◆ INSTRUCTIONS FOR THE TASK
Look through the lines below and extract any with the word "that".

****

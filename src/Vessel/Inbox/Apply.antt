-- ===== src/Vessel/Inbox/Apply.antt =====
-- `ApplyInboxPull` and `applyRemarks` of vessel/store/inbox.go, and how vessel/httpapi/sync.go goes
-- through the pulled commands.
use ovl.Base.{
  ℕ, String, Bool, true, false, ◌&&◌, Option, none, some, List, [], ◌∷◌, ◌++◌, any, ◌==◌, str_eq,
  if◌then◌else◌,
}
use ovl.Base.Faults.{Budget, spend}
use ovl.Domain.Event.{Event}
use ovl.Domain.Report.{Report}
use ovl.Domain.Lifecycle.{LifecycleError, mark_remarked}
use ovl.Domain.Message.{Remark}
use ovl.Vessel.Store.{get_latest_version}
use ovl.Vessel.Inbox.{InboxTables, Pulled, commit_pull, persist, apply_notices}

-- `remarkGroupKey` with the fields remarked together; groups are in the order of their first remark.
pub record RemarkGroup : Type 0 where
  pub report_id : String
  pub created_at : ℕ
  pub author : String
  pub field_names : List String

unfoldable pub add_remark : Remark → List RemarkGroup → List RemarkGroup
add_remark r [] =
    record {
      report_id = r.report_id;
      created_at = r.created_at;
      author = r.author;
      field_names = r.field_name ∷ [];
    }
    ∷ []
add_remark r (g ∷ gs) =
    let rest = add_remark r gs in
    if str_eq g.report_id r.report_id && (g.created_at == r.created_at) && str_eq g.author r.author
    then record g { field_names = g.field_names ++ r.field_name ∷ [] } ∷ gs
    else g ∷ rest

unfoldable pub remark_groups : List Remark → List RemarkGroup → List RemarkGroup
unfolding add_remark
remark_groups [] gs = gs
remark_groups (r ∷ rs) gs = remark_groups rs (add_remark r gs)

module _ {F : Type 0} where
  persist_remarked :
      InboxTables F
      → Budget
      → Report F × Option (Event F) × Option LifecycleError
      → InboxTables F × Option Budget
  persist_remarked t budget (r, some e, none) = persist r e t budget
  persist_remarked t budget (r, e, err) = (t, some budget)

  remark_latest :
      RemarkGroup → Option (Report F) → InboxTables F → Budget → InboxTables F × Option Budget
  remark_latest g none t budget = (t, some budget)
  remark_latest g (some r) t budget =
      persist_remarked t budget (mark_remarked r g.field_names g.author g.created_at)

  -- The second loop of `applyRemarks`.
  unfoldable pub apply_groups :
      List RemarkGroup → InboxTables F → Budget → InboxTables F × Option Budget
  unfolding remark_latest persist_remarked
  apply_groups [] t budget = (t, some budget)
  apply_groups (g ∷ gs) t budget = elim (spend budget) [
    | none ↦ (t, none)
    | some b ↦
        let applied = remark_latest g (get_latest_version t.db g.report_id) t b in
        elim applied.1 [ none ↦ (applied.0, none) | some b' ↦ apply_groups gs applied.0 b' ]
  ]

  -- `applyRemarks`
  unfoldable pub apply_remarks :
      List Remark → InboxTables F → Budget → InboxTables F × Option Budget
  unfolding apply_groups
  apply_remarks newly_inserted t budget = apply_groups (remark_groups newly_inserted []) t budget

  -- The loop over the remarks: each is looked up and inserted, ON CONFLICT DO NOTHING, and the new
  -- ones are collected.
  unfoldable pub insert_remarks :
      List Remark
      → List Remark
      → InboxTables F
      → Budget
      → InboxTables F × Option (Budget × List Remark)
  insert_remarks [] newly_inserted t budget = (t, some (budget, newly_inserted))
  insert_remarks (r ∷ rs) newly_inserted t budget =
      let known = any (λ (row : Remark). str_eq row.id r.id) t.remarks in
      elim (spend budget) [
        | none ↦ (t, none)
        | some b ↦ elim (spend b) [
          | none ↦ (t, none)
          | some b' ↦
              let skipped = insert_remarks rs newly_inserted t b' in
              let inserted =
                insert_remarks rs (newly_inserted ++ r ∷ [])
                  (record t { remarks = t.remarks ++ r ∷ [] }) b' in
              if known then skipped else inserted
        ]
      ]

  after_notices : List Remark → InboxTables F × Option Budget → InboxTables F × Bool
  after_notices remarks (t, none) = (t, false)
  after_notices remarks (t, some budget) =
      let stored = insert_remarks remarks [] t budget in
      elim stored.1 [
        | none ↦ (stored.0, false)
        | some (b, newly_inserted) ↦
            let applied = apply_remarks newly_inserted stored.0 b in
            (applied.0, elim applied.1 [ none ↦ false | some b' ↦ true ])
      ]

  -- `ApplyInboxPull`: the transaction commits or not as a whole; the statements after it have a
  -- budget. The tables afterwards, and whether it returns no error.
  unfoldable pub apply_inbox_pull : Bool → Pulled → InboxTables F → Budget → InboxTables F × Bool
  unfolding after_notices
  apply_inbox_pull commits pulled t budget =
      if commits
      then after_notices pulled.remarks (apply_notices pulled.notices (commit_pull pulled t) budget)
      else (t, false)

-- `applyPulledUserCommands`; `applies` says which command can be applied.
unfoldable pub apply_pulled_user_commands : (String → Bool) → List String → ℕ → List String × ℕ
apply_pulled_user_commands applies [] next_cursor = ([], next_cursor)
apply_pulled_user_commands applies (id ∷ ids) next_cursor =
    let rest = apply_pulled_user_commands applies ids next_cursor in
    if applies id then (id ∷ rest.0, rest.1) else rest

-- The commands before the first that fails, and whether all were applied.
restore_loop : (String → Bool) → List String → List String × Bool
restore_loop applies [] = ([], true)
restore_loop applies (id ∷ ids) =
    let rest = restore_loop applies ids in if applies id then (id ∷ rest.0, rest.1) else ([], false)

-- `applyPulledRestoreCommands`
unfoldable pub apply_pulled_restore_commands :
    (String → Bool) → List String → ℕ → ℕ → List String × ℕ
unfolding restore_loop
apply_pulled_restore_commands applies ids current_cursor next_cursor =
    let result = restore_loop applies ids in
    (result.0, if result.1 then next_cursor else current_cursor)
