-- ===== src/Vessel/Inbox/Lost.antt =====
-- Notices that cannot be stored after the cursors were committed.
use ovl.Base.{zero, String, true, false, some, List, [], ◌∷◌, map, ◌≡◌, refl}
use ovl.Domain.Message.{InvalidationNotice}
use ovl.Wire.{notice_from_domain, notice_to_domain}
use ovl.Office.Landing.{Row}
use ovl.Office.Inbox.{of_vessel, pull_loop, pull_invalidation_notices}
use ovl.Office.Inbox.Order.{Increasing}
use ovl.Office.Inbox.Streams.{pull_once}
use ovl.Vessel.Inbox.{InboxTables, Pulled, commit_pull, insert_invalidation_notice, apply_notices}
use ovl.Vessel.Inbox.Apply.{apply_inbox_pull}

module _ {F : Type 0} where
  -- A pull that committed, and of which the first notice could not be stored: it fails with the
  -- cursor moved on and no notice stored, and the next pull does not bring its notices again.
  pub notices_lost :
      (rows : List (Row InvalidationNotice)) (v : String) (t : InboxTables F) (pulled : Pulled)
      (n : InvalidationNotice) (ns : List InvalidationNotice)
      → Increasing rows
      → pulled.notices
        ≡ map notice_to_domain (pull_invalidation_notices rows v t.cursors.invalidation_notice).0
      → pulled.next.invalidation_notice
        ≡ (pull_invalidation_notices rows v t.cursors.invalidation_notice).1
      → pulled.notices ≡ n ∷ ns
      → ((apply_inbox_pull true pulled t (some zero)).1 ≡ false)
        × ((apply_inbox_pull true pulled t (some zero)).0.notices ≡ t.notices)
        × ((pull_invalidation_notices rows v
              (apply_inbox_pull true pulled t (some zero)).0.cursors.invalidation_notice).0
            ≡ [])
  unfolding apply_inbox_pull commit_pull insert_invalidation_notice apply_notices
      pull_invalidation_notices pull_loop
  notices_lost rows v t pulled n ns inc sent next some_notice =
      let once =
        pull_once (of_vessel v) notice_from_domain t.cursors.invalidation_notice rows inc in
      (rw some_notice refl, rw some_notice refl, rw (some_notice, next, once) refl)
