-- ===== src/Tests/Pulls.antt =====
-- What a vessel pulls.
use ovl.Base.{ℕ, zero, sym, ap, true, false, some, List, [], ◌∷◌, ◌≡◌, map, keep, refl}
use ovl.Domain.Message.{InvalidationNotice}
use ovl.Wire.{notice_from_domain, notice_to_domain}
use ovl.Office.Landing.{Row}
use ovl.Office.Inbox.{of_vessel, list_since, insert_by_seq, pull_loop, pull_invalidation_notices}
use ovl.Office.Inbox.Order.{items_of}
use ovl.Office.Inbox.Streams.{
  StreamEvent, added, pulled, pull_lost, stream_step, stream_steps, stream_steps-delivered, fresh,
}
use ovl.Office.Inbox.Answer.{Cursors}
use ovl.Vessel.Inbox.{InboxTables, Pulled}
use ovl.Vessel.Inbox.Apply.{apply_inbox_pull}
use ovl.Vessel.Inbox.Lost.{notices_lost}
use ovl.Tests.Links.{aboard}

abbrev notice : InvalidationNotice
notice = record {
  report_id = "r";
  version_no = 1;
  broken_rules = "time-chain" ∷ [];
  computed_at = 40;
}

abbrev history : List (StreamEvent InvalidationNotice)
history = added "v" notice ∷ pull_lost ∷ added "w" notice ∷ pulled ∷ added "v" notice ∷ []

stream_steps-delivered_example :
    (stream_step (of_vessel "v") notice_from_domain pulled (
      stream_steps
        (of_vessel "v")
        notice_from_domain
        history
        (fresh (of_vessel "v") notice_from_domain))).got
    ≡ items_of notice_from_domain (
        keep
          (of_vessel "v")
          (stream_steps
            (of_vessel "v")
            notice_from_domain
            history
            (fresh (of_vessel "v") notice_from_domain)).rows)
stream_steps-delivered_example = stream_steps-delivered (of_vessel "v") notice_from_domain history

abbrev cursors : ℕ → Cursors
cursors n = record {
  config_bundle = 0;
  schema_version = 0;
  remark = 0;
  chat = 0;
  invalidation_notice = n;
  restore_command = 0;
  user_command = 0;
}

abbrev tables : InboxTables ℕ
tables = record {
  db = aboard;
  cursors = cursors 0;
  schema_versions = [];
  config_bundles = [];
  notices = [];
  remarks = [];
}

abbrev one_notice : Pulled
one_notice = record {
  schema_versions = [];
  config_bundles = [];
  chat_messages = [];
  notices = notice ∷ [];
  remarks = [];
  next = cursors 1;
}

abbrev notice_rows : List (Row InvalidationNotice)
notice_rows = record { vessel_id = "v"; seq = 1; item = notice } ∷ []

pulled_one : pull_invalidation_notices notice_rows "v" 0 ≡ (notice ∷ [], 1)
unfolding pull_invalidation_notices list_since insert_by_seq pull_loop notice_from_domain
pulled_one = refl

sent_one : notice ∷ [] ≡ map notice_to_domain (pull_invalidation_notices notice_rows "v" 0).0
unfolding pull_invalidation_notices list_since insert_by_seq pull_loop notice_from_domain
    notice_to_domain
sent_one = refl

notices_lost_example :
    ((apply_inbox_pull true one_notice tables (some zero)).1 ≡ false)
    × ((apply_inbox_pull true one_notice tables (some zero)).0.notices ≡ [])
    × ((pull_invalidation_notices notice_rows "v"
          (apply_inbox_pull true one_notice tables (some zero)).0.cursors.invalidation_notice).0
        ≡ [])
notices_lost_example =
    notices_lost notice_rows "v" tables one_notice notice [] tt sent_one
      (sym (ap (λ t. t.1) pulled_one)) refl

****

◆ SOLUTION FOR THIS PROBLEM
-- The commands before the first that fails, and whether all were applied.
-- Notices that cannot be stored after the cursors were committed.
  -- A pull that committed, and of which the first notice could not be stored: it fails with the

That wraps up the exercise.